Here I should mention that I have problems with altitude. I was given doctor’s orders to stop climbing mountains after I had an episode of high-altitude cerebral edema and tried to take a nap on a glacier at nineteen thousand feet. I pretended to find this diagnosis disappointing, but in truth, I was relieved. Clearly, many people enjoy ascending a mountain by climbing it, but if it’s an option, I’d just as gladly drive.
I was told never to go above an altitude of fifteen thousand feet: any higher than that and, I assume, I’m supposed to stop, drop, and roll my way down to safety.
Song-Köl is at an elevation of ten thousand feet, which I decide will be fine. I really want to see Song-Köl. I may not enjoy outdoor activities like hiking, waterskiing, and doing trust falls with coworkers, but I do like nature. Or I want to like it.

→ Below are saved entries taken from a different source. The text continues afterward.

-- ===== src/Lsync/Events.antt =====
-- The events of the L1Sync state machine, and the sending of its message
-- (proto-ext-l1sync/l1e-state-machine.c).
use ppsi.Ds.{PpTime, State, same_state, to_l1e_tx_sync}
use ppsi.Lsync.Port.{SyncCall, SyncEnv, SyncPort, SyncWorld, set_sync, set_sync_globals, sync_call}
use ppsi.Prelude.{
  Bool, false, if◌then◌else◌, leb, ltb, not, pos, pos_part, sub_ℕ, to_word, true, ℕ, ℤ, ◌&&◌, ◌*◌,
  ◌+◌, ◌/◌, ◌^◌, ◌||◌,
}
use ppsi.Timeout.Defs.{pp_timeout, pp_timeout_set}
use ppsi.Timeout.Reset.{pp_timeout_log_to_ms}

unfoldable pub le1_evt_l1_sync_reset : SyncWorld → ℕ → Bool
le1_evt_l1_sync_reset w ppi =
    let p = w.sync_globals.inst ppi in not p.link_up || same_state p.state State.initializing

abbrev same_flag : Bool → Bool → Bool
same_flag true b = b
same_flag false b = not b

unfoldable pub le1_evt_config_ok : SyncPort → Bool
le1_evt_config_ok q =
    same_flag q.tx_coherent_is_required q.peer_tx_coherent_is_required
    && same_flag q.rx_coherent_is_required q.peer_rx_coherent_is_required
    && same_flag q.congruent_is_required q.peer_congruent_is_required

-- What is required of a property holds on both sides.
unfoldable pub holds_both : Bool → Bool → Bool → Bool
holds_both required own peer = not required || (own && peer)

-- isRxCoherent and isCongruent follow the state of the port.
unfoldable pub follow_state : SyncEnv → SyncWorld → ℕ → SyncPort
follow_state env w ppi =
    let s = (w.sync_globals.inst ppi).state in
    let q = w.sync_ports ppi in
    if same_state s State.slave || same_state s State.uncalibrated
    then record q { is_rx_coherent = env.is_locked w ppi; is_congruent = env.is_locked w ppi }
    else if same_state s State.master
    then record q {
      is_rx_coherent = q.peer_is_tx_coherent && q.peer_is_rx_coherent && q.is_tx_coherent;
      is_congruent = true;
    }
    else record q { is_congruent = false }

unfoldable pub is_state_ok : SyncPort → Bool
is_state_ok q =
    holds_both q.tx_coherent_is_required q.is_tx_coherent q.peer_is_tx_coherent
    && holds_both q.rx_coherent_is_required q.is_rx_coherent q.peer_is_rx_coherent
    && holds_both q.congruent_is_required q.is_congruent q.peer_is_congruent

unfoldable pub le1_evt_state_ok : SyncEnv → SyncWorld → ℕ → SyncWorld × Bool
le1_evt_state_ok env w ppi = let q = follow_state env w ppi in (set_sync w ppi q, is_state_ok q)

-- measure_first_time on a reading of the clock
unfoldable pub measure_first_time : PpTime → ℕ
measure_first_time t =
    to_word 16 t.secs * 1000 + (pos_part t.scaled_nsecs + 0x8000) / 2 ^ 16 / 1000000

unfoldable pub measure_last_time : PpTime → ℕ → ℕ
measure_last_time t fmeas =
    let ms = measure_first_time t in if ltb ms fmeas then ms + 0xffff * 1000 else ms

-- The time until the next message, less the time that sending took. `lmeas` may lie before `fmeas`.
unfoldable pub next_tmo : ℕ → ℕ → ℕ → ℤ
next_tmo tmo_ms fmeas lmeas =
    if leb lmeas (fmeas + tmo_ms) then sub_ℕ (tmo_ms + fmeas) lmeas else pos tmo_ms

unfoldable pub l1e_send_sync_msg : SyncEnv → SyncWorld → ℕ → Bool → SyncWorld
l1e_send_sync_msg env w ppi immediately =
    let fmeas = measure_first_time (env.clock_before w ppi) in
    let lmeas = measure_last_time (env.clock_after w ppi) fmeas in
    let tmo_ms = pp_timeout_log_to_ms (w.sync_ports ppi).log_l1sync_interval in
    let w1 = sync_call w ppi SyncCall.send_l1sync in
    if not immediately && not (pp_timeout w.sync_globals ppi to_l1e_tx_sync)
    then w
    else set_sync_globals w1
        (pp_timeout_set w1.sync_globals ppi to_l1e_tx_sync (next_tmo tmo_ms fmeas lmeas))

As the afternoon fades into evening, I start to feel woozy and spacey. I know this is a bad sign, but I glimpse a circle of yurts in the distance. It’s just over this combination hill/field, which I’m sure has some beautiful poetic or geographical term, but I can’t think of it because I’m too busy not vomiting. I fix my eyes on the yurts and will myself to stay upright by envisioning all of the wonderfully satisfying ways in which I can murder my horse.
Why is riding a horse so exhausting? The only thing I have to do is not fall off a slightly larger animal tasked with carrying me and all my luggage over countless mountains, while refraining from eating his favorite food, which literally grows at his feet, and I’m somehow the more fatigued. The valley that stands between us is probably turning pink and purple as the light fades, but all I can focus on is the fact that these goddamned yurts have grown only slightly larger, because, again, we’re inching along at the pace of an energy-efficient escalator. Although I have a few survival instincts, including an impeccable sense of direction, one that I don’t have is the will to persevere in the face of physical discomfort. I start feeling worse. The world spins; I don’t; a nap would be nice; I would like to vomit.
I yell something
like “Time-out!” as I gracelessly tumble off the horse. The guide and Mireia rush over.
I don’t want to get back on the horse. The ground feels safe and familiar, like a couch that got you through a dark period. “I’ll just walk,” I say weakly, first in English, and then kind of in Russian. “I’ll meet you guys there.”
The look on their faces says this is not an option. Which, fair enough, I was just going to try to roll the rest of the way.
Mireia smiles and gets down from her horse. “How about we walk together for a while, and if you feel better, you can get back on the horse?” she offers.
“I’m never getting back on,” I whisper hoarsely.
She nods. “Okay.”
We walk through the meadow holding our horses’ bridles; Mireia tries to distract me by asking about my life, my trip, my family. I shake my head. “Tell me everything about Franco’s Spain,” I croak. I know that there is a thing called Franco’s Spain, and I have a general sense that it was bad and that’s about it. Now seems as good a time as any to get informed.
Soon I’m so busy asking questions I can only get away with because I’m ill (“How were the Catalonians repressed?”) that I don’t even notice that I’m swinging my leg back over the horse. Well, technically, I’m not really doing the swinging: the guide is holding my torso up with one hand and swinging my leg over with the other. But the point is, I’m back on the horse.
I think about how, of all the jobs I’d be bad at, horse guide probably tops the list. How does our guide stare at mountains all day without going mad? What does he know that I don’t?
The sun finally slips behind the mountains, rimming the horizon in a soft pink glow. We pull into a small yurt encampment on a gentle slope. Next to a hitching post, two horses nuzzle each other. It’s quiet and still, and I finally feel something approaching contentment. Still, I’d be lying if I said I didn’t check my cell phone to see if the yurt camp had service. (It doesn’t.)